The education metric is based on the fact that access to education is a fundamental step toward empowerment of local people to deal with social challenges and inequalities. The adopted metric gives a 2/3 weight for the fraction of the community people between 10–14 years that can read and a 1/3 weight for the fraction of the community over 15 years old that can read.

The economic situation of the communities was evaluated through the economic component of the social development metric, by considering the average number of equipment (fridge, oven, boat engine, bed, mobile telephone, television, etc.) per house. This metric has been considered adequate to assess riverine communities due to difficulties in obtaining other more typical metrics, such as income per capita/per family, as non-monetary income is common (e.g. direct extraction of natural resources), commercial relationships are usually not registered by them, and the high seasonality of local production makes it difficult to accurately compute the annual average monetary incomes⁹⁸. Thus, the consumption of durable goods, as computed by the economic index within the social development index, was deemed by these authors as the most suitable pattern to assess the economic situation of these social groups. This approach thus addresses the complexities of data collection in remote areas by using proxies and simplified statistical techniques to maintain the relevance of the index⁹⁸.
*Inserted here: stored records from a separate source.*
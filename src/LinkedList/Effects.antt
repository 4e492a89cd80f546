-- ===== src/LinkedList/Effects.antt =====
-- What RemoveListNode and InsertListNode write, seen through the links of a list.
use gray_core.Base.{ℕ, ◌+◌, ◌-◌, ◌≡◌, true, false, not, ◌||◌, ◌==◌, if◌then◌else◌, arith}
use gray_core.LinkedList.{Store, remove_list_node, link_node}

-- The links of a list, where 0 leads to the head and to the tail.
abbrev pub next_of : Store → ℕ → ℕ → ℕ
next_of s l a = if a == 0 then (s.lists l).head else (s.nodes a).next

abbrev pub prev_of : Store → ℕ → ℕ → ℕ
prev_of s l a = if a == 0 then (s.lists l).tail else (s.nodes a).prev

-- What no operation on the list l writes: other lists, and the links of other nodes.
pub record Beside (s s' : Store) (l p prev next : ℕ) : Type 0 where
  pub next_else : (a : ℕ) → (a == prev) ≡ false → (a == p) ≡ false → next_of s' l a ≡ next_of s l a
  pub prev_else : (a : ℕ) → (a == next) ≡ false → (a == p) ≡ false → prev_of s' l a ≡ prev_of s l a
  pub other_next :
      (m a : ℕ)
      → (m == l) ≡ false
      → (a == 0 || not (a == prev || a == p)) ≡ true
      → next_of s' m a ≡ next_of s m a
  pub other_prev :
      (m a : ℕ)
      → (m == l) ≡ false
      → (a == 0 || not (a == next || a == p)) ≡ true
      → prev_of s' m a ≡ prev_of s m a
  pub other_count : (m : ℕ) → (m == l) ≡ false → (s'.lists m).count ≡ (s.lists m).count
  pub parent_else : (a : ℕ) → (a == p) ≡ false → (s'.nodes a).parent ≡ (s.nodes a).parent

pub record Removed (s s' : Store) (l p prev next : ℕ) : Type 0 where
  pub beside : Beside s s' l p prev next
  pub next_prev : next_of s' l prev ≡ next
  pub prev_next : prev_of s' l next ≡ prev
  pub parent : (s'.nodes p).parent ≡ 0
  pub count : (s'.lists l).count ≡ (s.lists l).count - 1

pub record Inserted (s s' : Store) (l p prev next : ℕ) : Type 0 where
  pub beside : Beside s s' l p prev next
  pub next_prev : next_of s' l prev ≡ p
  pub next_p : next_of s' l p ≡ next
  pub prev_p : prev_of s' l p ≡ prev
  pub prev_next : prev_of s' l next ≡ p
  pub parent : (s'.nodes p).parent ≡ l
  pub count : (s'.lists l).count ≡ (s.lists l).count + 1

pub remove_list_node-Removed :
    (s : Store) (l p : ℕ)
    → (p == 0) ≡ false
    → ((s.nodes p).prev == p) ≡ false
    → ((s.nodes p).next == p) ≡ false
    → Removed s (remove_list_node l p s) l p (s.nodes p).prev (s.nodes p).next
unfolding remove_list_node
remove_list_node-Removed s l p some_p prev_p next_p = record {
  beside = record {
    next_else = λ a h k. ground arith;
    prev_else = λ a h k. ground arith;
    other_next = λ m a h k. ground arith;
    other_prev = λ m a h k. ground arith;
    other_count = λ m h. ground arith;
    parent_else = λ a h. ground arith;
  };
  next_prev = ground arith;
  prev_next = ground arith;
  parent = ground arith;
  count = ground arith;
}

pub link_node-Inserted :
    (s : Store) (l p prev : ℕ)
    → (p == 0) ≡ false
    → (prev == p) ≡ false
    → (next_of s l prev == p) ≡ false
    → Inserted s (link_node l p prev s) l p prev (next_of s l prev)
unfolding link_node
link_node-Inserted s l p prev some_p prev_p next_p = record {
  beside = record {
    next_else = λ a h k. ground arith;
    prev_else = λ a h k. ground arith;
    other_next = λ m a h k. ground arith;
    other_prev = λ m a h k. ground arith;
    other_count = λ m h. ground arith;
    parent_else = λ a h. ground arith;
  };
  next_prev = ground arith;
  next_p = ground arith;
  prev_p = ground arith;
  prev_next = ground arith;
  parent = ground arith;
  count = ground arith;
}
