-- ===== src/LinkedList/Contents.antt =====
-- The nodes that a list holds, and a store in which every list is in order.
use gray_core.Base.{
  ℕ, ◌≡◌, ◌≢◌, ◌∙◌, true, false, not, ◌||◌, Bool-cases, inl, inr, List, ◌∷◌, ◌++◌, length,
  length-append, ◌==◌, arith,
}
use gray_core.LinkedList.{Store}
use gray_core.LinkedList.Ring.{
  has, distinct, last_or, head_or, Chain, has-append, Chain-insert, Chain-remove, Chain-frame,
  distinct-around, distinct-insert,
}
use gray_core.LinkedList.Effects.{next_of, prev_of, Beside, Removed, Inserted}

-- The list at l holds the nodes xs, in this order, and no other node is its child.
pub record IsList (s : Store) (l : ℕ) (xs : List ℕ) : Type 0 where
  pub chain : Chain (next_of s l) (prev_of s l) 0 0 xs
  pub apart : distinct (0 ∷ xs) ≡ true
  pub owned : (a : ℕ) → has a xs ≡ true → (s.nodes a).parent ≡ l
  pub mine : (a : ℕ) → (a == 0) ≡ false → (s.nodes a).parent ≡ l → has a xs ≡ true
  pub count : (s.lists l).count ≡ length xs

abbrev pub IsStore : Store → (ℕ → List ℕ) → Type 0
IsStore s contents = (l : ℕ) → (l == 0) ≡ false → IsList s l (contents l)

module _ {s s' : Store} {l p : ℕ} (some_l : (l == 0) ≡ false) where
  pub Removed-IsList :
      (front back : List ℕ)
      → Removed s s' l p (last_or 0 front) (head_or 0 back)
      → IsList s l (front ++ p ∷ back)
      → IsList s' l (front ++ back)
  unfolding has distinct
  Removed-IsList front back r is = record {
    chain =
        Chain-remove p 0 0 front back is.chain is.apart (ground (arith, is.apart)) r.next_prev
          r.beside.next_else r.prev_next r.beside.prev_else;
    apart =
        ground (arith, is.apart, around.1, has-append 0 front (p ∷ back), has-append 0 front back);
    owned = λ a h. ground (
      arith,
      h,
      r.beside.parent_else a,
      is.owned a,
      around.0,
      has-append a front (p ∷ back),
      has-append a front back,
    );
    mine = λ a some_a h. ground (
      arith,
      h,
      r.beside.parent_else a,
      r.parent,
      is.mine a,
      has-append a front (p ∷ back),
      has-append a front back,
    );
    count =
        omega (arith, r.count, is.count, length-append front (p ∷ back), length-append front back);
  }
    where
      around : (has p (front ++ back) ≡ false) × (distinct (front ++ back) ≡ true)
      around = distinct-around p front back (ground (arith, is.apart))

  pub Inserted-IsList :
      (front back : List ℕ)
      → (p == 0) ≡ false
      → has p (front ++ back) ≡ false
      → Inserted s s' l p (last_or 0 front) (head_or 0 back)
      → IsList s l (front ++ back)
      → IsList s' l (front ++ p ∷ back)
  unfolding has distinct
  Inserted-IsList front back some_p fresh r is = record {
    chain =
        Chain-insert p 0 0 front back is.chain is.apart (ground (arith, is.apart)) (ground arith)
          r.next_prev r.next_p r.beside.next_else r.prev_p r.prev_next r.beside.prev_else;
    apart = ground (
      arith,
      is.apart,
      distinct-insert p front back (ground (arith, is.apart)) fresh,
      has-append 0 front (p ∷ back),
      has-append 0 front back,
    );
    owned = λ a h. ground (
      arith,
      h,
      r.beside.parent_else a,
      r.parent,
      is.owned a,
      has-append a front (p ∷ back),
      has-append a front back,
    );
    mine = λ a some_a h. ground (
      arith,
      h,
      r.beside.parent_else a,
      r.parent,
      is.mine a,
      has-append a front (p ∷ back),
      has-append a front back,
    );
    count =
        omega (arith, r.count, is.count, length-append front (p ∷ back), length-append front back);
  }

  -- Another list, which the writes do not reach.
  pub Beside-IsList :
      (prev next m : ℕ) (xs : List ℕ)
      → Beside s s' l p prev next
      → (m == l) ≡ false
      → has p xs ≡ false
      → (prev == 0 || not (has prev xs)) ≡ true
      → (next == 0 || not (has next xs)) ≡ true
      → (s'.nodes p).parent ≢ m
      → IsList s m xs
      → IsList s' m xs
  unfolding has distinct
  Beside-IsList prev next m xs r other p_out prev_out next_out not_m is = record {
    chain =
        Chain-frame 0 0 xs is.chain (λ a h. r.other_next m a other (ground arith))
          (λ a h. r.other_prev m a other (ground arith));
    apart = is.apart;
    owned = λ a h. ground (arith, h, r.parent_else a, is.owned a);
    mine = λ a some_a h. ground (arith, h, r.parent_else a, is.mine a);
    count = r.other_count m other ∙ is.count;
  }

-- Two lists share no node.
pub apart-lists :
    (s : Store) (l m a : ℕ) (xs ys : List ℕ)
    → (m == l) ≡ false
    → IsList s l xs
    → IsList s m ys
    → (a == 0 || has a xs) ≡ true
    → (a == 0 || not (has a ys)) ≡ true
apart-lists s l m a xs ys other is is' h = elim (Bool-cases (has a ys)) [
  | inl inside ↦ ground (arith, other, is.owned a, is'.owned a, inside, h)
  | inr outside ↦ ground (arith, outside)
]
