-- ===== src/LinkedList/Removing.antt =====
-- RemoveFromParent, in a store in which every list is in order.
use gray_core.Base.{
  ℕ, ◌≡◌, refl, sym, ap, true, false, not, ◌||◌, Bool-cases, inl, inr, List, [], ◌∷◌, ◌++◌, ◌==◌,
  ==→eq, if◌then◌else◌, arith,
}
use gray_core.LinkedList.{Store, remove_list_node, remove_from_parent}
use gray_core.LinkedList.Ring.{
  has, distinct, last_or, head_or, has-append, has-last_or, has-head_or, Chain-prev, Chain-next_at,
  distinct-around,
}
use gray_core.LinkedList.Effects.{Removed, remove_list_node-Removed}
use gray_core.LinkedList.Contents.{IsList, IsStore, Removed-IsList, Beside-IsList, apart-lists}

-- A list without a node.
unfoldable pub without : ℕ → List ℕ → List ℕ
without p [] = []
without p (x ∷ xs) = let rest = without p xs in if p == x then rest else x ∷ rest

pub without-absent : (p : ℕ) (xs : List ℕ) → has p xs ≡ false → without p xs ≡ xs
unfolding without has
without-absent p [] h = refl
without-absent p (x ∷ xs) h = ground (arith, without-absent p xs)

-- Where a node stands in a list.
pub record Around (p : ℕ) (xs : List ℕ) : Type 0 where
  pub front : List ℕ
  pub back : List ℕ
  pub whole : xs ≡ front ++ p ∷ back
  pub rest : without p xs ≡ front ++ back

pub around : (p : ℕ) (xs : List ℕ) → has p xs ≡ true → distinct xs ≡ true → Around p xs
unfolding without has distinct
around p [] h d = absurd (ground arith)
around p (x ∷ xs) h d = elim (Bool-cases (p == x)) [
  | inl here ↦ record {
    front = [];
    back = xs;
    whole = ap (λ (y : ℕ). y ∷ xs) (sym (==→eq p x here));
    rest = ground (arith, here, without-absent p xs);
  }
  | inr later ↦
      let r = around p xs (ground (arith, later)) (ground arith) in
      record {
        front = x ∷ r.front;
        back = r.back;
        whole = ap (λ (ys : List ℕ). x ∷ ys) r.whole;
        rest = ground (arith, later, r.rest);
      }
]

module _ (s : Store) (l p : ℕ) (front back : List ℕ) (some_p : (p == 0) ≡ false)
    (is : IsList s l (front ++ p ∷ back)) where
  neighbours : ((s.nodes p).prev ≡ last_or 0 front) × ((s.nodes p).next ≡ head_or 0 back)
  neighbours = (
    ground (arith, Chain-prev 0 0 front (p ∷ back) is.chain, some_p),
    ground (arith, Chain-next_at 0 0 p front back is.chain, some_p),
  )

  -- The neighbours of a node are other nodes.
  neighbours_differ : ((last_or 0 front == p) ≡ false) × ((head_or 0 back == p) ≡ false)
  unfolding has distinct
  neighbours_differ = (
    ground (arith, some_p, is.apart, has-last_or 0 front, out, has-append p front back),
    ground (arith, some_p, is.apart, has-head_or 0 back, out, has-append p front back),
  )
    where
      out : has p (front ++ back) ≡ false
      out = (distinct-around p front back (ground (arith, is.apart))).0

  removed : Removed s (remove_list_node l p s) l p (last_or 0 front) (head_or 0 back)
  removed =
      rw (sym neighbours.0, sym neighbours.1)
        (remove_list_node-Removed s l p some_p (rw neighbours.0 neighbours_differ.0)
          (rw neighbours.1 neighbours_differ.1))

  removed-other :
      (m : ℕ) (ys : List ℕ)
      → (l == 0) ≡ false
      → (m == 0) ≡ false
      → (m == l) ≡ false
      → IsList s m ys
      → IsList (remove_list_node l p s) m ys
  unfolding has
  removed-other m ys some_l some_m other is' =
      Beside-IsList some_l (last_or 0 front) (head_or 0 back) m ys removed.beside other
        (ground (arith, reached p (ground (arith, member p)), some_p))
        (reached (last_or 0 front) (ground (arith, has-last_or 0 front, member (last_or 0 front))))
        (reached (head_or 0 back) (ground (arith, has-head_or 0 back, member (head_or 0 back))))
        (ground (arith, removed.parent, some_m)) is'
    where
      member : (a : ℕ) → has a (front ++ p ∷ back) ≡ (has a front || ((a == p) || has a back))
      member a = has-append a front (p ∷ back)

      reached :
          (a : ℕ) → (a == 0 || has a (front ++ p ∷ back)) ≡ true → (a == 0 || not (has a ys)) ≡ true
      reached a h = apart-lists s l m a (front ++ p ∷ back) ys other is is' h

module _ (s : Store) (contents : ℕ → List ℕ) (p : ℕ) (some_p : (p == 0) ≡ false)
    (all : IsStore s contents) where
  -- A node is in the list of its parent only.
  pub absent :
      (m : ℕ) → (m == 0) ≡ false → (m == (s.nodes p).parent) ≡ false → has p (contents m) ≡ false
  absent m some_m other = elim (Bool-cases (has p (contents m))) [
    | inl inside ↦ ground (arith, (all m some_m).owned p inside, other)
    | inr outside ↦ outside
  ]

  remove_list_node-IsStore :
      (l : ℕ)
      → (s.nodes p).parent ≡ l
      → (l == 0) ≡ false
      → IsStore (remove_list_node l p s) (λ m. without p (contents m))
  remove_list_node-IsStore l is some_l m some_m = elim (Bool-cases (m == l)) [
    | inl here ↦
        rw (==→eq m l here, place.rest)
          (Removed-IsList some_l place.front place.back
            (removed s l p place.front place.back some_p in_place) in_place)
    | inr other ↦ rw (without-absent p (contents m) (absent m some_m (rw is other))) (
        removed-other s l p place.front place.back some_p in_place m (contents m) some_l some_m
          other (all m some_m))
  ]
    where
      place : Around p (contents l)
      place =
          around p (contents l) ((all l some_l).mine p some_p is)
            (unfold distinct in ground (arith, (all l some_l).apart))

      in_place : IsList s l (place.front ++ p ∷ place.back)
      in_place = rw (sym place.whole) (all l some_l)

  -- RemoveFromParent takes a node out of the list that it is in, and leaves every other list.
  pub remove_from_parent-IsStore : IsStore (remove_from_parent p s) (λ l. without p (contents l))
  unfolding remove_from_parent
  remove_from_parent-IsStore = elim (Bool-cases ((s.nodes p).parent == 0)) [
    | inl free ↦ rw free λ m some_m.
        rw (without-absent p (contents m) (absent m some_m (nowhere m some_m free))) (all m some_m)
    | inr listed ↦ rw listed (remove_list_node-IsStore (s.nodes p).parent refl listed)
  ]
    where
      nowhere :
          (m : ℕ)
          → (m == 0) ≡ false
          → ((s.nodes p).parent == 0) ≡ true
          → (m == (s.nodes p).parent) ≡ false
      nowhere m some_m free = ground arith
The social organization metric is related to the importance of having organized local communities to promote the locality’s welfare and social development. In remote rural communities such as in Amazonia, the relevance of social organization has unique particularities, associated with the environment’s dynamics, the reduced number of people, parental relationships and the community’s history. The adopted metric considers the existence of services and infrastructure in the communities, including a local association, a health agent, a school, and a community center. Specifically, the presence of a local association guarantees the legal recognition of the community, allowing it to access public services and carry out financial transactions. A health agent indicates a formal integration into the health system, while the presence of a school addresses educational needs, sometimes including both adult and youth education.

Finally, the community center serves as a venue for cultural, social, and political activities, reflecting the community’s organizational capacity. A 0.25 weight is given to each of these social organization infrastructures.